### TASK DIRECTIONS
Copy each line of the records below that mentions the word "MySqlAuthState".

►

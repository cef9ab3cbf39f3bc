-- ===== src/Tests/Decisions.antt =====
-- Runs and instances for the handlers of COM_QUERY and COM_STMT_EXECUTE.
use ohmydb_proxy.Prelude.{
  [], arith, decode_utf8, false, inl, lit, ok, refl, text_eq, true, ◌∷◌, ◌≡◌, ◌≢◌, ◌⊎◌,
}
use ohmydb_proxy.MySql.Packet.{MySqlLogicalMessage}
use ohmydb_proxy.MySql.Command.{parse_query}
use ohmydb_proxy.Policy.{evaluate_policy, safe}
use ohmydb_proxy.Policy.Classifier.{classify}
use ohmydb_proxy.Policy.FailSafe.{FailSafeMode, evaluate_protocol_gap, permissive, strict}
use ohmydb_proxy.Policy.Laws.{IsSmallChange}
use ohmydb_proxy.Proxy.{ProxyOptions, estimate, evaluate_and_decide, to_backend}
use ohmydb_proxy.Proxy.Laws.{IsStrict}
use ohmydb_proxy.MySql.Handler.{
  answer_decision, handle_mysql_protocol_gap, handle_mysql_query, handle_mysql_stmt_execute,
}
use ohmydb_proxy.MySql.Handler.Laws.{handle_mysql_stmt_execute-unattended}
use ohmydb_proxy.Tests.Rules.{default-IsGuarded, default_config, default_valid, select_parser}

-- Options of an unattended proxy.
abbrev pub options : FailSafeMode → ProxyOptions
options mode = record {
  policy_config = default_config;
  fail_safe_mode = mode;
  sqlglot = select_parser;
  estimate_rows = λ preview database. inl 0;
  sanitize_sql = λ sql. sql;
  provider_confirm = λ context. false;
}

abbrev pub select_message : MySqlLogicalMessage
select_message = record {
  first_sequence_id = 0;
  last_sequence_id = 0;
  payload = 3 ∷ lit "SELECT 1";
  raw_packets = 9 ∷ 0 ∷ 0 ∷ 0 ∷ 3 ∷ lit "SELECT 1";
  packet_count = 1;
}

handle_mysql_query_runs :
    handle_mysql_query (options strict) select_message (lit "SELECT 1") (lit "shop")
    ≡ ok (true, to_backend select_message.raw_packets)
unfolding handle_mysql_query parse_query lit decode_utf8 answer_decision evaluate_and_decide
    evaluate_policy classify
handle_mysql_query_runs = refl

handle_mysql_protocol_gap_runs :
    handle_mysql_protocol_gap (options permissive) (lit "gap") (1 ∷ []) 1
    ≡ ok (true, to_backend (1 ∷ []))
unfolding handle_mysql_protocol_gap evaluate_protocol_gap
handle_mysql_protocol_gap_runs = refl

handle_mysql_stmt_execute_runs :
    handle_mysql_stmt_execute
      (options strict)
      select_message
      (lit "SELECT 1")
      (lit "prepared")
      true
      (lit "shop")
    ≡ ok (true, to_backend select_message.raw_packets)
unfolding handle_mysql_stmt_execute text_eq classify lit answer_decision evaluate_and_decide
    evaluate_policy
handle_mysql_stmt_execute_runs = refl

pub strict-IsStrict : IsStrict (options strict)
strict-IsStrict = record {
  guarded = default-IsGuarded;
  valid = default_valid;
  unattended = λ context. refl;
  mode = λ e. absurd (ground (arith, e));
}

strict-permissive : strict ≢ permissive
strict-permissive e = absurd (ground (arith, e))

handle_mysql_stmt_execute-unattended_example :
    (select_message.raw_packets ≡ select_message.raw_packets)
    × (let inspection = classify select_parser (lit "SELECT 1") in
        let e = estimate (options strict) inspection (lit "shop") in
        ((inspection.risk ≡ safe)
          ⊎ ((true ≡ true) × IsSmallChange inspection e.0 e.1 default_config)))
handle_mysql_stmt_execute-unattended_example =
    handle_mysql_stmt_execute-unattended (options strict) select_message (lit "SELECT 1")
      (lit "prepared") true (lit "shop") true select_message.raw_packets default-IsGuarded
      default_valid (λ context. refl) strict-permissive handle_mysql_stmt_execute_runs
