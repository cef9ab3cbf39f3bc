-- ===== src/Tests/State.antt =====
-- Runs and instances for the session, the authentication and the routing of backend packets.
use ohmydb_proxy.Prelude.{Error, Text, [], arith, err, lit, none, refl, some, true, ◌∷◌, ◌≡◌}
use ohmydb_proxy.MySql.Packet.{MySqlPacket}
use ohmydb_proxy.MySql.Command.{starts_with_byte}
use ohmydb_proxy.MySql.Handshake.{MySqlHandshakeResponse}
use ohmydb_proxy.MySql.Auth.{
  MySqlAuthState, accept_backend_packet, accept_client_response, authenticating, is_authenticated,
  is_authenticating, tls_rejected, waiting_for_client_response,
}
use ohmydb_proxy.MySql.Auth.Laws.{accept_backend_packet-authenticated, tls_rejected-refused}
use ohmydb_proxy.MySql.Session.{MySqlSessionState, new as new_session}
use ohmydb_proxy.MySql.Session.Acknowledge.{}
use ohmydb_proxy.MySql.Session.Operations.{after, complete_database, start, start_ping, step}
use ohmydb_proxy.MySql.Session.Invariant.{IsWellFormed}
use ohmydb_proxy.MySql.Session.Limits.{after-database}
use ohmydb_proxy.MySql.Session.Reach.{new-IsWellFormed, reachable-IsWellFormed}
use ohmydb_proxy.MySql.Backend.{MySqlBackendState, authentication, route_backend_packet}
use ohmydb_proxy.MySql.Backend.Laws.{
  IsSound, IsWritten, route_backend_packet-IsSound, route_backend_packet-IsWritten,
}

abbrev pub shop : MySqlSessionState
shop = new_session (lit "shop") 2 100

-- A session that awaits the answer to a ping.
reachable-IsWellFormed_example :
    let s = after start_ping shop in
    (s.max_prepared_statements ≡ 2) × (s.max_state_bytes ≡ 100) × IsWellFormed s
reachable-IsWellFormed_example =
    reachable-IsWellFormed (lit "shop") 2 100 (after start_ping shop) (step start_ping start)

abbrev select_one : Text
select_one = lit "SELECT ?"

-- A session that waits for the change of its database to `test`.
abbrev changing : MySqlSessionState
changing = record shop { pending_database = some (lit "test") }

after-database_example : (after (complete_database (0 ∷ [])) changing).database ≡ lit "test"
after-database_example = after-database (complete_database (0 ∷ [])) changing

abbrev waiting_auth : MySqlAuthState
waiting_auth = record {
  database = lit "shop";
  phase = waiting_for_client_response;
  username = none;
  capability_flags = 0;
  auth_plugin = none;
  failure_reason = none;
}

abbrev deciding_auth : MySqlAuthState
deciding_auth = record waiting_auth { phase = authenticating; username = some (lit "root") }

abbrev ok_bytes : MySqlPacket
ok_bytes = record { sequence_id = 2; payload = 0 ∷ []; raw = 1 ∷ 0 ∷ 0 ∷ 2 ∷ 0 ∷ [] }

abbrev connecting : MySqlBackendState
connecting = record { auth = deciding_auth; session = shop; phase = authentication }

connecting-IsSound : IsSound connecting
connecting-IsSound = record {
  session_kept = new-IsWellFormed (lit "shop") 2 100;
  authenticated_first = omega arith;
}

route_backend_packet-IsSound_example : IsSound (route_backend_packet ok_bytes connecting).2
route_backend_packet-IsSound_example =
    route_backend_packet-IsSound ok_bytes connecting connecting-IsSound

route_backend_packet-IsWritten_example :
    IsWritten (1 ∷ 0 ∷ 0 ∷ 2 ∷ 0 ∷ []) (route_backend_packet ok_bytes connecting)
route_backend_packet-IsWritten_example = route_backend_packet-IsWritten ok_bytes connecting

authenticated_runs : is_authenticated (accept_backend_packet deciding_auth ok_bytes).1.phase ≡ true
unfolding accept_backend_packet
authenticated_runs = refl

accept_backend_packet-authenticated_example :
    (is_authenticating deciding_auth.phase ≡ true) × (starts_with_byte 0x00 (0 ∷ []) ≡ true)
accept_backend_packet-authenticated_example =
    accept_backend_packet-authenticated deciding_auth ok_bytes refl authenticated_runs

abbrev ssl_request : MySqlHandshakeResponse
ssl_request = record {
  capability_flags = 0x800;
  username = [];
  database = none;
  auth_plugin = none;
  is_ssl_request = true;
}

tls_rejected-refused_example :
    let rejected = (accept_client_response waiting_auth ssl_request).1 in
    (rejected.phase ≡ tls_rejected)
    × ((accept_backend_packet rejected ok_bytes).1 ≡ rejected)
    × ((e : Error) × ((accept_backend_packet rejected ok_bytes).0 ≡ err e))
tls_rejected-refused_example = tls_rejected-refused waiting_auth ssl_request ok_bytes refl refl
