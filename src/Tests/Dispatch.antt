-- ===== src/Tests/Dispatch.antt =====
-- Runs and instances for the dispatcher.
use ohmydb_proxy.Prelude.{Bytes, Text, [], decode_utf8, lit, ok, refl, true, ◌∷◌, ◌≡◌}
use ohmydb_proxy.MySql.Packet.{MySqlLogicalMessage}
use ohmydb_proxy.MySql.Command.{parse_logical_command}
use ohmydb_proxy.Policy.FailSafe.{strict}
use ohmydb_proxy.MySql.Session.{
  MySqlSessionState, has_pending_lifecycle_operation, new, raising,
  require_no_pending_lifecycle_operation,
}
use ohmydb_proxy.MySql.Session.Acknowledge.{begin_ping}
use ohmydb_proxy.MySql.Session.Invariant.{IsWellFormed}
use ohmydb_proxy.MySql.Session.Reach.{new-IsWellFormed}
use ohmydb_proxy.Proxy.{to_backend}
use ohmydb_proxy.Proxy.Laws.{}
use ohmydb_proxy.MySql.Handler.{}
use ohmydb_proxy.MySql.Dispatcher.Commands.{catching, catching_method, dispatch_ping}
use ohmydb_proxy.MySql.Dispatcher.Execute.{}
use ohmydb_proxy.MySql.Dispatcher.{dispatch_authenticated_command}
use ohmydb_proxy.MySql.Dispatcher.Laws.{dispatch_authenticated_command-IsWellFormed}
use ohmydb_proxy.Tests.State.{shop}
use ohmydb_proxy.MySql.Dispatcher.Reasons.{IsForwarded}
use ohmydb_proxy.MySql.Dispatcher.Forwards.{dispatch_authenticated_command-IsForwarded}
use ohmydb_proxy.Tests.Decisions.{options, select_message, strict-IsStrict}

abbrev pub zero_text : Bytes → Text
zero_text raw = b'0' ∷ []

abbrev pub resumed : MySqlSessionState → MySqlSessionState
resumed session = session

-- COM_PING
abbrev ping_message : MySqlLogicalMessage
ping_message = record {
  first_sequence_id = 0;
  last_sequence_id = 0;
  payload = 0x0e ∷ [];
  raw_packets = 1 ∷ 0 ∷ 0 ∷ 0 ∷ 0x0e ∷ [];
  packet_count = 1;
}

ping_runs :
    dispatch_authenticated_command zero_text resumed (options strict) ping_message shop
    ≡ (ok (true, to_backend ping_message.raw_packets), record shop { pending_ping = true })
unfolding dispatch_authenticated_command catching parse_logical_command
    has_pending_lifecycle_operation new dispatch_ping catching_method begin_ping raising
    require_no_pending_lifecycle_operation
ping_runs = refl

dispatch_authenticated_command-IsWellFormed_example :
    IsWellFormed
      (dispatch_authenticated_command zero_text resumed (options strict) ping_message shop).1
dispatch_authenticated_command-IsWellFormed_example =
    dispatch_authenticated_command-IsWellFormed zero_text resumed (λ s w. w) (options strict)
      ping_message shop (new-IsWellFormed (lit "shop") 2 100)

-- A COM_QUERY "SELECT 1".
dispatch_authenticated_command-IsForwarded_example :
    IsForwarded zero_text resumed (options strict) select_message shop select_message.raw_packets
unfolding dispatch_authenticated_command catching parse_logical_command
    has_pending_lifecycle_operation new catching_method raising
    require_no_pending_lifecycle_operation ohmydb_proxy.MySql.Dispatcher.Commands.dispatch_query
    ohmydb_proxy.MySql.Session.Respond.begin_command_response
    ohmydb_proxy.MySql.Dispatcher.Commands.finish_query
    ohmydb_proxy.MySql.Handler.handle_mysql_query ohmydb_proxy.MySql.Command.parse_query lit
    decode_utf8 ohmydb_proxy.MySql.Handler.answer_decision ohmydb_proxy.Proxy.evaluate_and_decide
    ohmydb_proxy.Policy.evaluate_policy ohmydb_proxy.Policy.Classifier.classify
dispatch_authenticated_command-IsForwarded_example =
    dispatch_authenticated_command-IsForwarded zero_text resumed (options strict) strict-IsStrict
      select_message shop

◄

### SOLUTION
  MySqlAuthState, accept_backend_packet, accept_client_response, authenticating, is_authenticated,
abbrev waiting_auth : MySqlAuthState
abbrev deciding_auth : MySqlAuthState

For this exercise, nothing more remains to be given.